Write out the records again, exactly. Nothing may be dropped.
◇ ◇ ◇ ◇
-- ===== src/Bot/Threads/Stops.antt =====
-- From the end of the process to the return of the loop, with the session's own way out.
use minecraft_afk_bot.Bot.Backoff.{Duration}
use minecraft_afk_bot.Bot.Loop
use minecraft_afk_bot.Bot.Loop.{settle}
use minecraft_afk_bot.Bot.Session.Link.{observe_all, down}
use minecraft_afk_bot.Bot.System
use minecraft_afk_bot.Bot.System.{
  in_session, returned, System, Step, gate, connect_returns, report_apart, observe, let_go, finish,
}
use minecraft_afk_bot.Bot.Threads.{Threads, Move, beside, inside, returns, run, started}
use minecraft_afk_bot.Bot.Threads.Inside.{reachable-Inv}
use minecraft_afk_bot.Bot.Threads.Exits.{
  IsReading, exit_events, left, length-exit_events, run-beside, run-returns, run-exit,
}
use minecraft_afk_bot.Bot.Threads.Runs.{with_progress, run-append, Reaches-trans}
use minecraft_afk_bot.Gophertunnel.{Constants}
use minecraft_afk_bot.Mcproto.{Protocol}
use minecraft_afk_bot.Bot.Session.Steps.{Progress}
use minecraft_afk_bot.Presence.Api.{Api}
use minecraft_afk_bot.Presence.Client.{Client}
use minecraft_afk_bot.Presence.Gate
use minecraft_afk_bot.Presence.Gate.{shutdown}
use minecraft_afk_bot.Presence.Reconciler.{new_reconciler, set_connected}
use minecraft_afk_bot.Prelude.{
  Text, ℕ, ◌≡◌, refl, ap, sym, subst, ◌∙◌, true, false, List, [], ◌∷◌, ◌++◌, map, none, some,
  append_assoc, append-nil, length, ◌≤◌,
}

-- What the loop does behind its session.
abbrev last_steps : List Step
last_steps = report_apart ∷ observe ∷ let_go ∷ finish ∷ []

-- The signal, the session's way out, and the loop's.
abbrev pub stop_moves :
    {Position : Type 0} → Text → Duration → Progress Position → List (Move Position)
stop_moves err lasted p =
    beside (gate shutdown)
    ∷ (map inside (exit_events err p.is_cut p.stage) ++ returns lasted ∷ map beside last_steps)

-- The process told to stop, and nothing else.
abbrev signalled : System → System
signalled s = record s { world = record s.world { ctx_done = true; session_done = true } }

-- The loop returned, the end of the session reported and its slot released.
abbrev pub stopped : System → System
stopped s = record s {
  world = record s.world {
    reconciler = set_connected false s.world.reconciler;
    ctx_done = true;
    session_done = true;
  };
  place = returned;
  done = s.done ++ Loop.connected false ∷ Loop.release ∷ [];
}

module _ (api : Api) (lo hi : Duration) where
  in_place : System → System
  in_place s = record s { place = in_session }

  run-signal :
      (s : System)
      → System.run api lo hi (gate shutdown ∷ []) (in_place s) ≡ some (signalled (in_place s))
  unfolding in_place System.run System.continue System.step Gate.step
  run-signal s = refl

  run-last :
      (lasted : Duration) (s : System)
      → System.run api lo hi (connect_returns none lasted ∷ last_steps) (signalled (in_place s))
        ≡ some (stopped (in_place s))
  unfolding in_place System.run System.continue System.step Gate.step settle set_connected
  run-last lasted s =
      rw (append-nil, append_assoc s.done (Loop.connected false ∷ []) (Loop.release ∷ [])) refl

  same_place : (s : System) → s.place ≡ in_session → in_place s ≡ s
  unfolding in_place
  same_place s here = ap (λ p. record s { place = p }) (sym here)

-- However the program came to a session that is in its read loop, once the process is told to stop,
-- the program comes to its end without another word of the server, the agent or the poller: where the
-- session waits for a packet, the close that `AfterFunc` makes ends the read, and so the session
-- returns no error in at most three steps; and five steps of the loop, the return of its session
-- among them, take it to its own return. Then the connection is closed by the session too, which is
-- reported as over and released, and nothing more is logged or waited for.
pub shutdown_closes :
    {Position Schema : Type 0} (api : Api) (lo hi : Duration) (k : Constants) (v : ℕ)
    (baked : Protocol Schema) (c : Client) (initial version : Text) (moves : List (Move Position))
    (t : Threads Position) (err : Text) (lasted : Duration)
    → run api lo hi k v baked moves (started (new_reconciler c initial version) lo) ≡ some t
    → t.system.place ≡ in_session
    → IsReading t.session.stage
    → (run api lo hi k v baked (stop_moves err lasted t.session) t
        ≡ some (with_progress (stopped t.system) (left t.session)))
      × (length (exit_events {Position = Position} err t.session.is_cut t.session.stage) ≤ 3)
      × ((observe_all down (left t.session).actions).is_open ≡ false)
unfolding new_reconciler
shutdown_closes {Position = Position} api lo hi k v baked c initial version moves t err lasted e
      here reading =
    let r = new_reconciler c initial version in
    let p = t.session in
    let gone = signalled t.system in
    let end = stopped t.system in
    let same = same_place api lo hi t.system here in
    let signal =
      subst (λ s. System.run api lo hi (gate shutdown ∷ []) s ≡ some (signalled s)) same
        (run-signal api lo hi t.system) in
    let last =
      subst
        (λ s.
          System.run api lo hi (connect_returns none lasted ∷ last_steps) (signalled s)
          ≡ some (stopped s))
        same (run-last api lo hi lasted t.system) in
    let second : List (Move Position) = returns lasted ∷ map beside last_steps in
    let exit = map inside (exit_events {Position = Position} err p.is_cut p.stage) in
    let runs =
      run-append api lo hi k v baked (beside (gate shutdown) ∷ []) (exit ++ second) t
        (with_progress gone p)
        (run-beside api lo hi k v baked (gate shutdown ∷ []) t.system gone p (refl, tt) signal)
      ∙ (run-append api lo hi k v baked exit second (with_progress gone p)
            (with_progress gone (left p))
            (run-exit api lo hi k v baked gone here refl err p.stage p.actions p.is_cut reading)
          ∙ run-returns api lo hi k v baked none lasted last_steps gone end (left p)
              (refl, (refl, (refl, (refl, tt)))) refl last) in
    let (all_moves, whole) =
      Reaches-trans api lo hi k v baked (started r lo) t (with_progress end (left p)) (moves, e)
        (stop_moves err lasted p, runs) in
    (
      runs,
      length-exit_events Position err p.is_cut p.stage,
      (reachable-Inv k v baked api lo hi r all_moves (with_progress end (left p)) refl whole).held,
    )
◇ ◇ ◇ ◇
**Result:**
-- ===== src/Bot/Threads/Stops.antt =====
-- From the end of the process to the return of the loop, with the session's own way out.
use minecraft_afk_bot.Bot.Backoff.{Duration}
use minecraft_afk_bot.Bot.Loop
use minecraft_afk_bot.Bot.Loop.{settle}
use minecraft_afk_bot.Bot.Session.Link.{observe_all, down}
use minecraft_afk_bot.Bot.System
use minecraft_afk_bot.Bot.System.{
  in_session, returned, System, Step, gate, connect_returns, report_apart, observe, let_go, finish,
}
use minecraft_afk_bot.Bot.Threads.{Threads, Move, beside, inside, returns, run, started}
use minecraft_afk_bot.Bot.Threads.Inside.{reachable-Inv}
use minecraft_afk_bot.Bot.Threads.Exits.{
  IsReading, exit_events, left, length-exit_events, run-beside, run-returns, run-exit,
}
use minecraft_afk_bot.Bot.Threads.Runs.{with_progress, run-append, Reaches-trans}
use minecraft_afk_bot.Gophertunnel.{Constants}
use minecraft_afk_bot.Mcproto.{Protocol}
use minecraft_afk_bot.Bot.Session.Steps.{Progress}
use minecraft_afk_bot.Presence.Api.{Api}
use minecraft_afk_bot.Presence.Client.{Client}
use minecraft_afk_bot.Presence.Gate
use minecraft_afk_bot.Presence.Gate.{shutdown}
use minecraft_afk_bot.Presence.Reconciler.{new_reconciler, set_connected}
use minecraft_afk_bot.Prelude.{
  Text, ℕ, ◌≡◌, refl, ap, sym, subst, ◌∙◌, true, false, List, [], ◌∷◌, ◌++◌, map, none, some,
  append_assoc, append-nil, length, ◌≤◌,
}

-- What the loop does behind its session.
abbrev last_steps : List Step
last_steps = report_apart ∷ observe ∷ let_go ∷ finish ∷ []

-- The signal, the session's way out, and the loop's.
abbrev pub stop_moves :
    {Position : Type 0} → Text → Duration → Progress Position → List (Move Position)
stop_moves err lasted p =
    beside (gate shutdown)
    ∷ (map inside (exit_events err p.is_cut p.stage) ++ returns lasted ∷ map beside last_steps)

-- The process told to stop, and nothing else.
abbrev signalled : System → System
signalled s = record s { world = record s.world { ctx_done = true; session_done = true } }

-- The loop returned, the end of the session reported and its slot released.
abbrev pub stopped : System → System
stopped s = record s {
  world = record s.world {
    reconciler = set_connected false s.world.reconciler;
    ctx_done = true;
    session_done = true;
  };
  place = returned;
  done = s.done ++ Loop.connected false ∷ Loop.release ∷ [];
}

module _ (api : Api) (lo hi : Duration) where
  in_place : System → System
  in_place s = record s { place = in_session }

  run-signal :
      (s : System)
      → System.run api lo hi (gate shutdown ∷ []) (in_place s) ≡ some (signalled (in_place s))
  unfolding in_place System.run System.continue System.step Gate.step
  run-signal s = refl

  run-last :
      (lasted : Duration) (s : System)
      → System.run api lo hi (connect_returns none lasted ∷ last_steps) (signalled (in_place s))
        ≡ some (stopped (in_place s))
  unfolding in_place System.run System.continue System.step Gate.step settle set_connected
  run-last lasted s =
      rw (append-nil, append_assoc s.done (Loop.connected false ∷ []) (Loop.release ∷ [])) refl

  same_place : (s : System) → s.place ≡ in_session → in_place s ≡ s
  unfolding in_place
  same_place s here = ap (λ p. record s { place = p }) (sym here)

-- However the program came to a session that is in its read loop, once the process is told to stop,
-- the program comes to its end without another word of the server, the agent or the poller: where the
-- session waits for a packet, the close that `AfterFunc` makes ends the read, and so the session
-- returns no error in at most three steps; and five steps of the loop, the return of its session
-- among them, take it to its own return. Then the connection is closed by the session too, which is
-- reported as over and released, and nothing more is logged or waited for.
pub shutdown_closes :
    {Position Schema : Type 0} (api : Api) (lo hi : Duration) (k : Constants) (v : ℕ)
    (baked : Protocol Schema) (c : Client) (initial version : Text) (moves : List (Move Position))
    (t : Threads Position) (err : Text) (lasted : Duration)
    → run api lo hi k v baked moves (started (new_reconciler c initial version) lo) ≡ some t
    → t.system.place ≡ in_session
    → IsReading t.session.stage
    → (run api lo hi k v baked (stop_moves err lasted t.session) t
        ≡ some (with_progress (stopped t.system) (left t.session)))
      × (length (exit_events {Position = Position} err t.session.is_cut t.session.stage) ≤ 3)
      × ((observe_all down (left t.session).actions).is_open ≡ false)
unfolding new_reconciler
shutdown_closes {Position = Position} api lo hi k v baked c initial version moves t err lasted e
      here reading =
    let r = new_reconciler c initial version in
    let p = t.session in
    let gone = signalled t.system in
    let end = stopped t.system in
    let same = same_place api lo hi t.system here in
    let signal =
      subst (λ s. System.run api lo hi (gate shutdown ∷ []) s ≡ some (signalled s)) same
        (run-signal api lo hi t.system) in
    let last =
      subst
        (λ s.
          System.run api lo hi (connect_returns none lasted ∷ last_steps) (signalled s)
          ≡ some (stopped s))
        same (run-last api lo hi lasted t.system) in
    let second : List (Move Position) = returns lasted ∷ map beside last_steps in
    let exit = map inside (exit_events {Position = Position} err p.is_cut p.stage) in
    let runs =
      run-append api lo hi k v baked (beside (gate shutdown) ∷ []) (exit ++ second) t
        (with_progress gone p)
        (run-beside api lo hi k v baked (gate shutdown ∷ []) t.system gone p (refl, tt) signal)
      ∙ (run-append api lo hi k v baked exit second (with_progress gone p)
            (with_progress gone (left p))
            (run-exit api lo hi k v baked gone here refl err p.stage p.actions p.is_cut reading)
          ∙ run-returns api lo hi k v baked none lasted last_steps gone end (left p)
              (refl, (refl, (refl, (refl, tt)))) refl last) in
    let (all_moves, whole) =
      Reaches-trans api lo hi k v baked (started r lo) t (with_progress end (left p)) (moves, e)
        (stop_moves err lasted p, runs) in
    (
      runs,
      length-exit_events Position err p.is_cut p.stage,
      (reachable-Inv k v baked api lo hi r all_moves (with_progress end (left p)) refl whole).held,
    )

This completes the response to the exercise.